**Collection entries:**
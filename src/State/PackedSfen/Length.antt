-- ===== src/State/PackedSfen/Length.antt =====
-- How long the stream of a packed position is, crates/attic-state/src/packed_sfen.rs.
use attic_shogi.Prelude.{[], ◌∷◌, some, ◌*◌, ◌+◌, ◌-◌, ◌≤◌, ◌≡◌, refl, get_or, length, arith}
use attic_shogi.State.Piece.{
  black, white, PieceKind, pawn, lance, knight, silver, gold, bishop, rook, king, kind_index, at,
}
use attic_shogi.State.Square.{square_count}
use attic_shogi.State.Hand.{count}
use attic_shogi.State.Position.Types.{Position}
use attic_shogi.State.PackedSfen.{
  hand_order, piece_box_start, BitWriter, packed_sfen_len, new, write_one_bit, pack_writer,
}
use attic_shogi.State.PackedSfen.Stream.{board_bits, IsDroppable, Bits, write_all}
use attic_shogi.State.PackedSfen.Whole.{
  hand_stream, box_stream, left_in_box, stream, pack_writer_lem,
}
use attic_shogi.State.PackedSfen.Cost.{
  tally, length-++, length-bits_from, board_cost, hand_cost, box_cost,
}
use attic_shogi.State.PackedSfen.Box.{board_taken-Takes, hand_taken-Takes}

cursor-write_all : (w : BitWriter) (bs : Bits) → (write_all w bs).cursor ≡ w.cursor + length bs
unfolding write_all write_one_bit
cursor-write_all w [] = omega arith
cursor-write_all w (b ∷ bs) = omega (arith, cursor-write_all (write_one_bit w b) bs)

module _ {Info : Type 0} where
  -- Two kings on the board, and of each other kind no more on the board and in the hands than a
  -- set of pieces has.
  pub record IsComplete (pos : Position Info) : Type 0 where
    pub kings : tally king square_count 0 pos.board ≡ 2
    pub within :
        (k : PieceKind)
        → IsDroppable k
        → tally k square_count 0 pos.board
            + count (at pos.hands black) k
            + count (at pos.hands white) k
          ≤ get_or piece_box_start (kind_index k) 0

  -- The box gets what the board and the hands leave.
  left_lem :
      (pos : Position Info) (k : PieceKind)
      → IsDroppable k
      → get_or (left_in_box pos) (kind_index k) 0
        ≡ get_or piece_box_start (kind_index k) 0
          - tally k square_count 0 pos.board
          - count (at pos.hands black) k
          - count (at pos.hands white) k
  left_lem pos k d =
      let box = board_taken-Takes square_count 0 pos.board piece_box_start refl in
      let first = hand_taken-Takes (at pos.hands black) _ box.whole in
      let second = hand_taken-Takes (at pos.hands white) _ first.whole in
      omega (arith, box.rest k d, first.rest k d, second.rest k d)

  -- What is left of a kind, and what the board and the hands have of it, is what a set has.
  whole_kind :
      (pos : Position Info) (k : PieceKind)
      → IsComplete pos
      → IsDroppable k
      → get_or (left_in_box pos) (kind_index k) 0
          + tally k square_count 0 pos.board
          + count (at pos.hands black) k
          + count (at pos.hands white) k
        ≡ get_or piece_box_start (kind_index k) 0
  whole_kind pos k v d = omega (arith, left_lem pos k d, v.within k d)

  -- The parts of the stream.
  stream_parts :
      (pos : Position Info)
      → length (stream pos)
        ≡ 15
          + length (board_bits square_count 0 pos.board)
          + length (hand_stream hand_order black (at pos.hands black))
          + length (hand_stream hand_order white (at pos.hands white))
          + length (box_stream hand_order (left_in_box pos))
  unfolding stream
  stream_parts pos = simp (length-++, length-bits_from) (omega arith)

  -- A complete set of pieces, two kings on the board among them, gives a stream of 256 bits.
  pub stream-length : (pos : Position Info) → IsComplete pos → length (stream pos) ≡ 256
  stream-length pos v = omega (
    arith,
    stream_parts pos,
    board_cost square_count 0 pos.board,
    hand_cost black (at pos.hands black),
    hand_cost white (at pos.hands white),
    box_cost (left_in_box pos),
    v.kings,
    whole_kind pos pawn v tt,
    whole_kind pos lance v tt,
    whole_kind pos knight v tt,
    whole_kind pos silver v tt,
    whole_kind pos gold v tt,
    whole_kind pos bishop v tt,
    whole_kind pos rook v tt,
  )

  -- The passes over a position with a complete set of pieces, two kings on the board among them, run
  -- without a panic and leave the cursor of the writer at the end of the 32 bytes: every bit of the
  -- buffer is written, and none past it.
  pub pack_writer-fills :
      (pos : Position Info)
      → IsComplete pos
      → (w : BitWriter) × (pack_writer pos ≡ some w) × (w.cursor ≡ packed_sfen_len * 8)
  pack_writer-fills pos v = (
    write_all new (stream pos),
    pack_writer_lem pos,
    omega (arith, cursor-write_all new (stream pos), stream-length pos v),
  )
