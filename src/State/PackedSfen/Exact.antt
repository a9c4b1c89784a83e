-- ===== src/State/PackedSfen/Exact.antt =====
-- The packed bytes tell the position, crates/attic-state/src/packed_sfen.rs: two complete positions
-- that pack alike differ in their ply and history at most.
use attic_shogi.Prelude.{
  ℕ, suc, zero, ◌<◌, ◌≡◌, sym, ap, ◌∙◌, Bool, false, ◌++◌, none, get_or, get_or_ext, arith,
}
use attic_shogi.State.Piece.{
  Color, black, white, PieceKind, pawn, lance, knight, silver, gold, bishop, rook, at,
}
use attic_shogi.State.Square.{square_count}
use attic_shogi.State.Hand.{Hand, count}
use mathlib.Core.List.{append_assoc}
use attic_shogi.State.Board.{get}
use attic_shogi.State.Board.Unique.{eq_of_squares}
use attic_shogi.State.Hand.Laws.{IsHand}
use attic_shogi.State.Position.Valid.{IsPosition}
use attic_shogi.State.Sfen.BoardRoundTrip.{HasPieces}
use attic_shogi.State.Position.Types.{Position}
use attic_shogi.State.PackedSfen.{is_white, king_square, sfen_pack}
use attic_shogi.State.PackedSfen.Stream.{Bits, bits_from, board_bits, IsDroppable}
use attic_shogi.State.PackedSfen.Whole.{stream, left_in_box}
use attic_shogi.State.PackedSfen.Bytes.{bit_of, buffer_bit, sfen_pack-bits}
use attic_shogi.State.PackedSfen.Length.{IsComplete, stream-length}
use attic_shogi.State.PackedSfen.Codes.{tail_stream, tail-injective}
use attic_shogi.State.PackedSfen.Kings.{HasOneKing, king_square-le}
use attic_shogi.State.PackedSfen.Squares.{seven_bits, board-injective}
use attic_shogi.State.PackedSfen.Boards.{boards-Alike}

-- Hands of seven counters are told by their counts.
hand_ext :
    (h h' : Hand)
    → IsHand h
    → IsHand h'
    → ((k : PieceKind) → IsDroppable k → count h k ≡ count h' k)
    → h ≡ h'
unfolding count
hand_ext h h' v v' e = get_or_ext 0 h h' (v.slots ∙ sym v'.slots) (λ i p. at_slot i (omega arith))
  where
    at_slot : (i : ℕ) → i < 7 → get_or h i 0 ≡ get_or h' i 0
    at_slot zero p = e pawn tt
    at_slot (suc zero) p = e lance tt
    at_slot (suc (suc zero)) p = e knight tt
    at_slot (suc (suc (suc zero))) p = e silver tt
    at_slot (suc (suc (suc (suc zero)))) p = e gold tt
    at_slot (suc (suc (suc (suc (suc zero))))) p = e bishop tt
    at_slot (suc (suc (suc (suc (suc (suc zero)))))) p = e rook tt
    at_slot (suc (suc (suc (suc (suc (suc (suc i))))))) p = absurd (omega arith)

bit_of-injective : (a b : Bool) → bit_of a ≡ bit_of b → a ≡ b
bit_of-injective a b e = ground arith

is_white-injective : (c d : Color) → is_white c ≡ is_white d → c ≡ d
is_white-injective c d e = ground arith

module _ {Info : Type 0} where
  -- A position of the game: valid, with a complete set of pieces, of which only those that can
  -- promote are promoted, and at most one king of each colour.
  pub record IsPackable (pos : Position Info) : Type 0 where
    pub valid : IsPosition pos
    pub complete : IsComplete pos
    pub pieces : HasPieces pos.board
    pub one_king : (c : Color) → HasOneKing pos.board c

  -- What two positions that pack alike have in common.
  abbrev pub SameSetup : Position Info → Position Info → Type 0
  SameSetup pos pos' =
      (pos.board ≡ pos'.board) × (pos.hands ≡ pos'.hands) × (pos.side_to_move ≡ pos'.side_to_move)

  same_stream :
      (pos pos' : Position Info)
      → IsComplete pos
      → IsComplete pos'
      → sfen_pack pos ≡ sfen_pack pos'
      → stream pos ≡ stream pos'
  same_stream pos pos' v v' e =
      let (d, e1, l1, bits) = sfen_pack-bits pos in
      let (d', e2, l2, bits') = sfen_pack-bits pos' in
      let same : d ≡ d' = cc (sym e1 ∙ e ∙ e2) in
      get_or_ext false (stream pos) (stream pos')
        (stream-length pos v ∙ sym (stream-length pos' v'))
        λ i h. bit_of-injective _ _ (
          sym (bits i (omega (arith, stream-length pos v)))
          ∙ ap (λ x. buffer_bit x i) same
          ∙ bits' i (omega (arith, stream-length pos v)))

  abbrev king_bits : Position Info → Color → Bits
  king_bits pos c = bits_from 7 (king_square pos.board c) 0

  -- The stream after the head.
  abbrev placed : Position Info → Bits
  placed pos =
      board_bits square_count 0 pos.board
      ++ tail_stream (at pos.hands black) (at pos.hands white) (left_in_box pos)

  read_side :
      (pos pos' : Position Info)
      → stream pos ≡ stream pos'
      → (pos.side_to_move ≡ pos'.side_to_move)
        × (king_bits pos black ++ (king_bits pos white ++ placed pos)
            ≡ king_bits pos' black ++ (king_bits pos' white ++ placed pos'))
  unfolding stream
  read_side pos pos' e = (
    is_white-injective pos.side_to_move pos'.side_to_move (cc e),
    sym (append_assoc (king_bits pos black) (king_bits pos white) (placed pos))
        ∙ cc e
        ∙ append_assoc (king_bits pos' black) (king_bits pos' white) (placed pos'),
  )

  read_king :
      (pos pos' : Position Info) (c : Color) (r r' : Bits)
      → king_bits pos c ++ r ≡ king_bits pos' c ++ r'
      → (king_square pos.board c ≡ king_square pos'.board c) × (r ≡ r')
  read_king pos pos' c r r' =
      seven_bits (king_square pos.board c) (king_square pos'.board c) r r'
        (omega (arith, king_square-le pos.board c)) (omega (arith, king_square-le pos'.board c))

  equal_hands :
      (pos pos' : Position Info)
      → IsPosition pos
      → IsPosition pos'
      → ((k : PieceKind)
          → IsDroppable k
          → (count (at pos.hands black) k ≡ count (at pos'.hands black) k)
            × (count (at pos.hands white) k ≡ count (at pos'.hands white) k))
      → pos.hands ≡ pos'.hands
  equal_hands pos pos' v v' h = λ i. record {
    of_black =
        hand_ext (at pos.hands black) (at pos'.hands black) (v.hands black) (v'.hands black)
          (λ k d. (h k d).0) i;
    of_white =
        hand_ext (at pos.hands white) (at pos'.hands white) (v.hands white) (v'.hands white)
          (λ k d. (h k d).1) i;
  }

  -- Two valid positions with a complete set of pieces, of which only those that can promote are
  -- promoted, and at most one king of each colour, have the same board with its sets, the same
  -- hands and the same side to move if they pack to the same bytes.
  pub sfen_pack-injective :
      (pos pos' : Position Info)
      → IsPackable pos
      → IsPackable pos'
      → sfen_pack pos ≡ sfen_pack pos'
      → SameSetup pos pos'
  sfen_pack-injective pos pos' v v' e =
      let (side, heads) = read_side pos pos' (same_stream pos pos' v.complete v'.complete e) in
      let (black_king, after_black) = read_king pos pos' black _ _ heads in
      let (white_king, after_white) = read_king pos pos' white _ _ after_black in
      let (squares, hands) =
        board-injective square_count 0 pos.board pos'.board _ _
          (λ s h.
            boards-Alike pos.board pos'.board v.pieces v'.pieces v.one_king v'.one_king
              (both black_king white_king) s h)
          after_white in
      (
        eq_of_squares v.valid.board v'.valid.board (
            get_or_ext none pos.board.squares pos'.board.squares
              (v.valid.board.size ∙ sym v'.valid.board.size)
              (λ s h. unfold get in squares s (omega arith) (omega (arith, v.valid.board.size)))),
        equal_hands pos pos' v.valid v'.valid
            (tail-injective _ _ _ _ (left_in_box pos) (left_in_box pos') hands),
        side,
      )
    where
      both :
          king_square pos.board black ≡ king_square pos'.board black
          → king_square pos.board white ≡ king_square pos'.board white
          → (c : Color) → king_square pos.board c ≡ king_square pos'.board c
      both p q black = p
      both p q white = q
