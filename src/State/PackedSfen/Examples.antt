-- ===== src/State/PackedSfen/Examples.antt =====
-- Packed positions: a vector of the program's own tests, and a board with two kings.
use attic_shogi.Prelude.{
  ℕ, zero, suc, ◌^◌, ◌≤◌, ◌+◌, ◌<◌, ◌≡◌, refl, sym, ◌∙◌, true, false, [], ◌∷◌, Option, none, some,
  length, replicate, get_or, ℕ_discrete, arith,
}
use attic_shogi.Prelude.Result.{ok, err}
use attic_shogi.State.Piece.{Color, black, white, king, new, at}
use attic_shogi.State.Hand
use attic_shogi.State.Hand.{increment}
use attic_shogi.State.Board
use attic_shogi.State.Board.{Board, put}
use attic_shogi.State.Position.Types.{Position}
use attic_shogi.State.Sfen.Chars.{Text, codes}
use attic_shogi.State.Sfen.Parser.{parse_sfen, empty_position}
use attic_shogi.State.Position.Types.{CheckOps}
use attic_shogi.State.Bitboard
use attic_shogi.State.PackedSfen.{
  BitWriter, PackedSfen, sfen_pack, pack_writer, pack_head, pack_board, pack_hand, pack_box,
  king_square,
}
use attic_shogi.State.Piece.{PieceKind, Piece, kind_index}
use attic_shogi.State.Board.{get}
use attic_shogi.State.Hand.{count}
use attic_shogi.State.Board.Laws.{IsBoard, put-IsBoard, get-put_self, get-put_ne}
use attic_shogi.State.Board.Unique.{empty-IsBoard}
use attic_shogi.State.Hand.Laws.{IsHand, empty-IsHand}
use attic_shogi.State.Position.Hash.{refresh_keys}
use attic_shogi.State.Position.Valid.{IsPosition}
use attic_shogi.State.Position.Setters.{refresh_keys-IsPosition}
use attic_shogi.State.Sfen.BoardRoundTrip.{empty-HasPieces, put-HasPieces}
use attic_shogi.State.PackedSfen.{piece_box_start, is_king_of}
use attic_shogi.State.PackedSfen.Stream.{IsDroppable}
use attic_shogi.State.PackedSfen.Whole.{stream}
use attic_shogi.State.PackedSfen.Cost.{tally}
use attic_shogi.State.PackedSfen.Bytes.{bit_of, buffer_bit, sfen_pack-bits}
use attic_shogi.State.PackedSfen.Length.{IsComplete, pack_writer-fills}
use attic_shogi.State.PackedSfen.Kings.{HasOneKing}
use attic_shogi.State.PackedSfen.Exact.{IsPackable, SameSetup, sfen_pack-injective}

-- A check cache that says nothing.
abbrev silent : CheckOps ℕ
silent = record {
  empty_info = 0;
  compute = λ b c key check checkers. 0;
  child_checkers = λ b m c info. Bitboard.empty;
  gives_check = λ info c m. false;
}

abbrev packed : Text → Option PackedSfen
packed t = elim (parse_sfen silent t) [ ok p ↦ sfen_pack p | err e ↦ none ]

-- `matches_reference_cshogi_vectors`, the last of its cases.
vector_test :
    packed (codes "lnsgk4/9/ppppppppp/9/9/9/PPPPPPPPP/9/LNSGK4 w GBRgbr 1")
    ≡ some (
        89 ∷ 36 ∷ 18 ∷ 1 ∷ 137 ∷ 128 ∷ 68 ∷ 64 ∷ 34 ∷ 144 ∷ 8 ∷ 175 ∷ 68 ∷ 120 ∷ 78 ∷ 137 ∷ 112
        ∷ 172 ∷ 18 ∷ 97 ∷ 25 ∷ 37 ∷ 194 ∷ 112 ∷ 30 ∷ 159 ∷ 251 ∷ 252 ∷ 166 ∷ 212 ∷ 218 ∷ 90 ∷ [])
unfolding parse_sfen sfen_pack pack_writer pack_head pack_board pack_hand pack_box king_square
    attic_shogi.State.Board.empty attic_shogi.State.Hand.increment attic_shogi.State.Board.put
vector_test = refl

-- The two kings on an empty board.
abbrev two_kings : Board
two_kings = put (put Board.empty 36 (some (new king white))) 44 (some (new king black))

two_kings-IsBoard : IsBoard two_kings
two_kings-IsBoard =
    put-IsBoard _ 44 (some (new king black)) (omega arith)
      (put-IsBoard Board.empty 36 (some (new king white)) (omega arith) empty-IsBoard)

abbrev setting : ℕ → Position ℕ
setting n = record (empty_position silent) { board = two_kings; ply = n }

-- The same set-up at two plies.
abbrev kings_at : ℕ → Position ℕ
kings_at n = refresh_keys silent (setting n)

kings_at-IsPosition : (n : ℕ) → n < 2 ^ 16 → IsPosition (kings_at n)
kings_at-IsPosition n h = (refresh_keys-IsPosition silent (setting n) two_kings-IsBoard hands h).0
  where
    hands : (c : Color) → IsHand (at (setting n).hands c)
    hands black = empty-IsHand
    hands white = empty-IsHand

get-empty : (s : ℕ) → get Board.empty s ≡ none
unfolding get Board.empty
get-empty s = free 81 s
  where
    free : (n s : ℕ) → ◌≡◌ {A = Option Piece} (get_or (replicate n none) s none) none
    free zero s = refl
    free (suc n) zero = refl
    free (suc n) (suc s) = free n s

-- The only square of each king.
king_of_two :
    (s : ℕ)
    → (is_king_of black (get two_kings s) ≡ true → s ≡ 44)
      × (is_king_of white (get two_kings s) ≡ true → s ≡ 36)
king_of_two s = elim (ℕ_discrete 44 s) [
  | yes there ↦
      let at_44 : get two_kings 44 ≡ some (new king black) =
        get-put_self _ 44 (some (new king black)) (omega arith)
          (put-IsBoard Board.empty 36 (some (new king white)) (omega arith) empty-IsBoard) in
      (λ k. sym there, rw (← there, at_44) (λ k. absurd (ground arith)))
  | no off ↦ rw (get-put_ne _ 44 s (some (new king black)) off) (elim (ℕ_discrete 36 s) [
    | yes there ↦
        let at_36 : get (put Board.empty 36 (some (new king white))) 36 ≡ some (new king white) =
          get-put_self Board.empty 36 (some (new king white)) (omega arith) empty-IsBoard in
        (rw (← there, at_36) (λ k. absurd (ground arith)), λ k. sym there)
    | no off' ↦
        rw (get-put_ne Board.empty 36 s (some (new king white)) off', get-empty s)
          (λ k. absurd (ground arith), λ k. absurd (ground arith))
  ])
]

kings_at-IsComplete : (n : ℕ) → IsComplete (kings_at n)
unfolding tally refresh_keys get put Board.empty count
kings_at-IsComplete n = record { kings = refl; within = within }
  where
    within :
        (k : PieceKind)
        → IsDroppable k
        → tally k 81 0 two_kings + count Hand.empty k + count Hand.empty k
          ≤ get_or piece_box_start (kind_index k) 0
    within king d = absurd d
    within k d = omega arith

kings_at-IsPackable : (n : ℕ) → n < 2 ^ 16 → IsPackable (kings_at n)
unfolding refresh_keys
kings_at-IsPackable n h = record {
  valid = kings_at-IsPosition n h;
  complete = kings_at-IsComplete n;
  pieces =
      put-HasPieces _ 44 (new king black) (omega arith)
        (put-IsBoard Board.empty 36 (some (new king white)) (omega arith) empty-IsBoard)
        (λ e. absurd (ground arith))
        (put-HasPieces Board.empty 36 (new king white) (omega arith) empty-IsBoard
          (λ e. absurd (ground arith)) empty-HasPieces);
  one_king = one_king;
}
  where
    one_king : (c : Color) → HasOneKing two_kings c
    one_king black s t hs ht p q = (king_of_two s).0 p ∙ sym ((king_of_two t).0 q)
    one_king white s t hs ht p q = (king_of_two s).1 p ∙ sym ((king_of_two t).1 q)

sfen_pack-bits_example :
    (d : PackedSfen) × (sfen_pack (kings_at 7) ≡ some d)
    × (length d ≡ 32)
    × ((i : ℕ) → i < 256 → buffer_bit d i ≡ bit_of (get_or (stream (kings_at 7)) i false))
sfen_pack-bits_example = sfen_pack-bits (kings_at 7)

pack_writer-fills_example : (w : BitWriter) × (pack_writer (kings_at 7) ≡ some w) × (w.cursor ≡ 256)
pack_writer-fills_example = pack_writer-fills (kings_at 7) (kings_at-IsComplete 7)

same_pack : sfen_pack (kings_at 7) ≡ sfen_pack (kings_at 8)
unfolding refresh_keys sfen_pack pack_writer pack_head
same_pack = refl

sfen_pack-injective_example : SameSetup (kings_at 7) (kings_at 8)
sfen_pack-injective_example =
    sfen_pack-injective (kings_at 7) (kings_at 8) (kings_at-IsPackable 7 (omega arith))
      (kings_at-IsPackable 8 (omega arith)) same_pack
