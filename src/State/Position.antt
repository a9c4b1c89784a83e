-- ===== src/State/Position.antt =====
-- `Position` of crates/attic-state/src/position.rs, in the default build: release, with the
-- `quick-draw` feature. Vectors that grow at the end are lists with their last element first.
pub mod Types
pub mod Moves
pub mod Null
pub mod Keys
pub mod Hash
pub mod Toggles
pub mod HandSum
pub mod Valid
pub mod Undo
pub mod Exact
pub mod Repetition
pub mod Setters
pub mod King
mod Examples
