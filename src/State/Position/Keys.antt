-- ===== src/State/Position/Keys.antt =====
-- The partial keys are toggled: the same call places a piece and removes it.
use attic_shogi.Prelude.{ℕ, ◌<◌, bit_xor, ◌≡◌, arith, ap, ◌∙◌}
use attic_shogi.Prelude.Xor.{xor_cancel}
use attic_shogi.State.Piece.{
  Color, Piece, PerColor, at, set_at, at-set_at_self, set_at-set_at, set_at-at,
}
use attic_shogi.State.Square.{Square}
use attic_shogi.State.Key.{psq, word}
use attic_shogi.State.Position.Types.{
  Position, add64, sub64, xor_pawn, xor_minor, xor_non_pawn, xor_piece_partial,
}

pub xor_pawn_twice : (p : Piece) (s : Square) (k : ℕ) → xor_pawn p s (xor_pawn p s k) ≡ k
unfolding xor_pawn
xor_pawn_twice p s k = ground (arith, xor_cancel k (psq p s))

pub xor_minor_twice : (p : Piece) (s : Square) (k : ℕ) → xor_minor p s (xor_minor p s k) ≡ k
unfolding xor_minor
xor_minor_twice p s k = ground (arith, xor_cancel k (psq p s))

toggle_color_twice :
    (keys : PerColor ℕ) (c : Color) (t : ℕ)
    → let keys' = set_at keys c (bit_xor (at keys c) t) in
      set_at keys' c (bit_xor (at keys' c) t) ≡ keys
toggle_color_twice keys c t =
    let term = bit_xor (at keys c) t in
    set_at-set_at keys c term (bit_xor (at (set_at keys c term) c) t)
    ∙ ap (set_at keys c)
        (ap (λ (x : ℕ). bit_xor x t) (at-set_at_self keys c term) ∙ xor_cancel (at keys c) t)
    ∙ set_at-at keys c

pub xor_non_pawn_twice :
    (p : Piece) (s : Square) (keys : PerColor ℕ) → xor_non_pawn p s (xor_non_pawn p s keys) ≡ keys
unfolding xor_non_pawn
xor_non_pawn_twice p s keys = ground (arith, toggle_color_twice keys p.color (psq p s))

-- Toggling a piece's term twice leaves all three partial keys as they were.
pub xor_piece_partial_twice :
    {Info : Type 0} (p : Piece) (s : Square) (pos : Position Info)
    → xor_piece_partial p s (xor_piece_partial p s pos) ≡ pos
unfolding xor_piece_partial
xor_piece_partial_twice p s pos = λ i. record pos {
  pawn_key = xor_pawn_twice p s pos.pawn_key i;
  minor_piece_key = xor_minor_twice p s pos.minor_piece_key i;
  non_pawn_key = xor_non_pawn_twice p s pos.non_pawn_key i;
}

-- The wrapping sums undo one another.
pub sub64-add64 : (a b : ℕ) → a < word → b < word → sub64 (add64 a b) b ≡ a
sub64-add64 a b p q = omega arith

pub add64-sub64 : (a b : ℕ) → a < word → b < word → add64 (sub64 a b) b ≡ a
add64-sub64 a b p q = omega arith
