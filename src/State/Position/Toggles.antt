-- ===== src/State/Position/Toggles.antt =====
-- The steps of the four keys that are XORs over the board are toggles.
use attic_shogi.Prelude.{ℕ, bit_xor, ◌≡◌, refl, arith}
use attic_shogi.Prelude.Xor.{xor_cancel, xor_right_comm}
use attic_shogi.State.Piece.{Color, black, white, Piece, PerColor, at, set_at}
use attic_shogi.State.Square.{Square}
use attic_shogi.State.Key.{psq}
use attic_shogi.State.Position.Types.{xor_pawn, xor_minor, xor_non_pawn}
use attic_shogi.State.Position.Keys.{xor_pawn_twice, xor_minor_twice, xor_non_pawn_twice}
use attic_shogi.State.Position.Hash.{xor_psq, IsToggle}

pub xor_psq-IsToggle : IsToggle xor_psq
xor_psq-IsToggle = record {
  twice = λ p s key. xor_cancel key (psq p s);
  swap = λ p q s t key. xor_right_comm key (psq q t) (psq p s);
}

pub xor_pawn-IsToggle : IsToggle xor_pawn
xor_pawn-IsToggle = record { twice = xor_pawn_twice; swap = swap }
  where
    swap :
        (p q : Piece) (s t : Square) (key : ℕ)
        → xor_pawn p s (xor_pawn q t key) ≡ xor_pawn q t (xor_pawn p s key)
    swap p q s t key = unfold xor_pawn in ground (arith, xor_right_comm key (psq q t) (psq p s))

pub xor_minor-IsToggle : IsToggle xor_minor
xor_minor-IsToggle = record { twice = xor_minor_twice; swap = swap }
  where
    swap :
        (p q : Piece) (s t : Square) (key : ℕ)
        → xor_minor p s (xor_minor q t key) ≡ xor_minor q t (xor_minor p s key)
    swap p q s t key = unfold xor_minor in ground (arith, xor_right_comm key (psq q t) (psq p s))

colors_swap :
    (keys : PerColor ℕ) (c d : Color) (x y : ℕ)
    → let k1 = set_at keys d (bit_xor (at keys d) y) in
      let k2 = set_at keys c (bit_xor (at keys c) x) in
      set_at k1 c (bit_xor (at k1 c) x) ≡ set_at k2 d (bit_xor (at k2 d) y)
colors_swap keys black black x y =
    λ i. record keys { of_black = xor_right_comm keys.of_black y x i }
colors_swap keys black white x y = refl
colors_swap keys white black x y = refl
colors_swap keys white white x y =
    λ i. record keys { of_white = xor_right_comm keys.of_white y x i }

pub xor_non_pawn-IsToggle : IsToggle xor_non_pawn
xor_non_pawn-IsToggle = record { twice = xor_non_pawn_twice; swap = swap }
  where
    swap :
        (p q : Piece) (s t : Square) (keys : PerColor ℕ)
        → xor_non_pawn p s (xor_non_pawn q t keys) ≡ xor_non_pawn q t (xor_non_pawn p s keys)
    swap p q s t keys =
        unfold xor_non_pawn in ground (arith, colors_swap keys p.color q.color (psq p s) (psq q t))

**Exercise brief:** Search the entries above for the string "over". Copy each line that holds it.

**Written response:**
  -- The passes over a position with a complete set of pieces, two kings on the board among them, run
-- The steps of the four keys that are XORs over the board are toggles.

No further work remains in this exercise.